» Collected data:

══════════════════════════════

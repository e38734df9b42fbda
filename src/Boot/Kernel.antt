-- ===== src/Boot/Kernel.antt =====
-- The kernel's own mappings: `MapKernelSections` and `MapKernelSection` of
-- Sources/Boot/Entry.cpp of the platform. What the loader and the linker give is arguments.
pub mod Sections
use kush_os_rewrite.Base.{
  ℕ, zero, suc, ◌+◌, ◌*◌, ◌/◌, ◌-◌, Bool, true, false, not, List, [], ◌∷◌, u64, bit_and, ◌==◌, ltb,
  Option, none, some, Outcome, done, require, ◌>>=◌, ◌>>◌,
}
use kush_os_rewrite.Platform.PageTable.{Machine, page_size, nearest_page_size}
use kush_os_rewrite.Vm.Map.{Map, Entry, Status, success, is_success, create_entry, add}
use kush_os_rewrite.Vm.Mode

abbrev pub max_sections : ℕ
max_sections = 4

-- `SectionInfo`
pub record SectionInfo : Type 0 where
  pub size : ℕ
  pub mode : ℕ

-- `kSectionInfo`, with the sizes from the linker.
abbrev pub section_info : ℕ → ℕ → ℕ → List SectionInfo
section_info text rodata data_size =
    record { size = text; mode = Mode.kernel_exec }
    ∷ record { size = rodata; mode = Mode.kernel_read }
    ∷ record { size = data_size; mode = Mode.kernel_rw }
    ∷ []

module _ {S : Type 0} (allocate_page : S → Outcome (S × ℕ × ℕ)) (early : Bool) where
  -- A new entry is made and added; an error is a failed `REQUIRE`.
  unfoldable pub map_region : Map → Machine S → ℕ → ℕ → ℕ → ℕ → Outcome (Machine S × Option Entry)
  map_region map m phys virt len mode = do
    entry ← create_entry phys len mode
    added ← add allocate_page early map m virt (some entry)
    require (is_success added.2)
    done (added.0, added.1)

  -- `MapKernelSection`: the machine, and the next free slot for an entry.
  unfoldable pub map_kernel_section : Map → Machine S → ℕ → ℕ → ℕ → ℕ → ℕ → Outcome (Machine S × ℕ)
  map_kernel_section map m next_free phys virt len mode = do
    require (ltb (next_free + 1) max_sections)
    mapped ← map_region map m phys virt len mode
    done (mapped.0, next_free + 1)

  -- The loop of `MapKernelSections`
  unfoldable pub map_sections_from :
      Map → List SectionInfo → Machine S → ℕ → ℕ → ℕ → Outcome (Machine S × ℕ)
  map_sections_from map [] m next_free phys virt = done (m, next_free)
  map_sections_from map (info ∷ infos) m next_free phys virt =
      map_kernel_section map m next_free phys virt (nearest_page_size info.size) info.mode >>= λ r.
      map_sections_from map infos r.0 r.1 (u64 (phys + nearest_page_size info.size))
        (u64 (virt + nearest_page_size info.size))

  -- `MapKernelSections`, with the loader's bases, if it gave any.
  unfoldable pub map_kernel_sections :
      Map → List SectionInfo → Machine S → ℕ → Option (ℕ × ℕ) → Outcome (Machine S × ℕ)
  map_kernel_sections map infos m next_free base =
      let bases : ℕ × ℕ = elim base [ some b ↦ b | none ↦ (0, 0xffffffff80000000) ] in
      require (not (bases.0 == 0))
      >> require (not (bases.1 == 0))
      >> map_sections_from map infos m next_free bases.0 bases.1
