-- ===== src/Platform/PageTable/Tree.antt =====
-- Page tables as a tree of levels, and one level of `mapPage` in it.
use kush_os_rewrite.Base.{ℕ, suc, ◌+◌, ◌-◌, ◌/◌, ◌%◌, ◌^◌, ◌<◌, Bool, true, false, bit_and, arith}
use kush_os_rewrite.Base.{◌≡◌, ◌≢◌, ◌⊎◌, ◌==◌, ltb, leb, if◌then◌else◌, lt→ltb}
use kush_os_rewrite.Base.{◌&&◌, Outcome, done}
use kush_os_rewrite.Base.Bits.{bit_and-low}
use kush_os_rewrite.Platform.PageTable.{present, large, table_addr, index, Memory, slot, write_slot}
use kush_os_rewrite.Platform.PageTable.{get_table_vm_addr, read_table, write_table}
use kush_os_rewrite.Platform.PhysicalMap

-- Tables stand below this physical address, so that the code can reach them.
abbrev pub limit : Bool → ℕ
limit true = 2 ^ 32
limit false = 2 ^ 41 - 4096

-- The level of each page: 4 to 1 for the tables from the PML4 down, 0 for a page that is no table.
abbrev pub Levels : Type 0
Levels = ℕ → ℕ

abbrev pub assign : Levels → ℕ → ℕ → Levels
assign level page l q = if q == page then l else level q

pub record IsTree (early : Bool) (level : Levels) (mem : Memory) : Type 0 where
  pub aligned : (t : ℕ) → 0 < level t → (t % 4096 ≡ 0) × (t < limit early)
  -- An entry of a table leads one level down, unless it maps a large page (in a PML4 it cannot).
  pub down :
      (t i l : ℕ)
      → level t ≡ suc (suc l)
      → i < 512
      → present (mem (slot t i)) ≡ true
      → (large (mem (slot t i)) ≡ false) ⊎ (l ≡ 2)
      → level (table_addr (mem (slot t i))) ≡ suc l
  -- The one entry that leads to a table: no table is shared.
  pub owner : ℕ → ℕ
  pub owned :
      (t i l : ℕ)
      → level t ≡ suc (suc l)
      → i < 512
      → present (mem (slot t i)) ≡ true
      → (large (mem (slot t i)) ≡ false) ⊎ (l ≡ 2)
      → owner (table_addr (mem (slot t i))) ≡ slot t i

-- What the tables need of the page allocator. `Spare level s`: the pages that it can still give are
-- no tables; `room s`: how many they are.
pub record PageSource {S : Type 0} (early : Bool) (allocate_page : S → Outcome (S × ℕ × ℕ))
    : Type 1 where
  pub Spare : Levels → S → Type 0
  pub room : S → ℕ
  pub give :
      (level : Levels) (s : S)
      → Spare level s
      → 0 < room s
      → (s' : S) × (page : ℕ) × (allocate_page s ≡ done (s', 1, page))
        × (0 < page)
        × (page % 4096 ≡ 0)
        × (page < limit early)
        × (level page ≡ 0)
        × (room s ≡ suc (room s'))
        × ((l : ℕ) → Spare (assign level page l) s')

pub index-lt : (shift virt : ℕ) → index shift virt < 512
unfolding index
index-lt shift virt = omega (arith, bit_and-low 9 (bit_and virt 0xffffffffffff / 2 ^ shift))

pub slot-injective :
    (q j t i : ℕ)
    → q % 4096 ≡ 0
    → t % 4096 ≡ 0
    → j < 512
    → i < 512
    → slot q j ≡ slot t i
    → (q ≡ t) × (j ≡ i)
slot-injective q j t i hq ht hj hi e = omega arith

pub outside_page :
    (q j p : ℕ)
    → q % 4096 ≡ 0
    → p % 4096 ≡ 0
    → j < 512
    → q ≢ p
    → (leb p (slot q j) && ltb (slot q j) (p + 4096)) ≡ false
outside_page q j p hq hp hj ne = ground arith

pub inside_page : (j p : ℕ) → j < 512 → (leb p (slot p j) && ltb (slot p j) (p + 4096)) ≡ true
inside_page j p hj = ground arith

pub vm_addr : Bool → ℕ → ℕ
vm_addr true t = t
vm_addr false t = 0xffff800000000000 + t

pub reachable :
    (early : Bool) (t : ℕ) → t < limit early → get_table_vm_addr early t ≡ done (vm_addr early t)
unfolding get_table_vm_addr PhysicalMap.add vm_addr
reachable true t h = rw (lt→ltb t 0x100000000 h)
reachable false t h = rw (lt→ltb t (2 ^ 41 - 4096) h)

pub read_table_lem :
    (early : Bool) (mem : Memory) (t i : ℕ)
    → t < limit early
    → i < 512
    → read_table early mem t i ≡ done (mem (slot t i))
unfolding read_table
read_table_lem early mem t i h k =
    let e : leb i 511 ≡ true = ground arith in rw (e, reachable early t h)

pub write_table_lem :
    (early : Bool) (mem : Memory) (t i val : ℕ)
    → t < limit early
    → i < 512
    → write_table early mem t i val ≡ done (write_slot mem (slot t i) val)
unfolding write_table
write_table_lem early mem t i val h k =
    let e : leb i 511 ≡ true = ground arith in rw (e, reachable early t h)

══════════════════════════════

» INSTRUCTIONS TO FOLLOW:
In the entries above, one line contains "(page < limit early)" and another contains "index-lt shift virt". Reproduce exactly those two lines and the lines between them, nothing else.

» TASK ANSWER:
        × (page < limit early)
        × (level page ≡ 0)
        × (room s ≡ suc (room s'))
        × ((l : ℕ) → Spare (assign level page l) s')

pub index-lt : (shift virt : ℕ) → index shift virt < 512
unfolding index
index-lt shift virt = omega (arith, bit_and-low 9 (bit_and virt 0xffffffffffff / 2 ^ shift))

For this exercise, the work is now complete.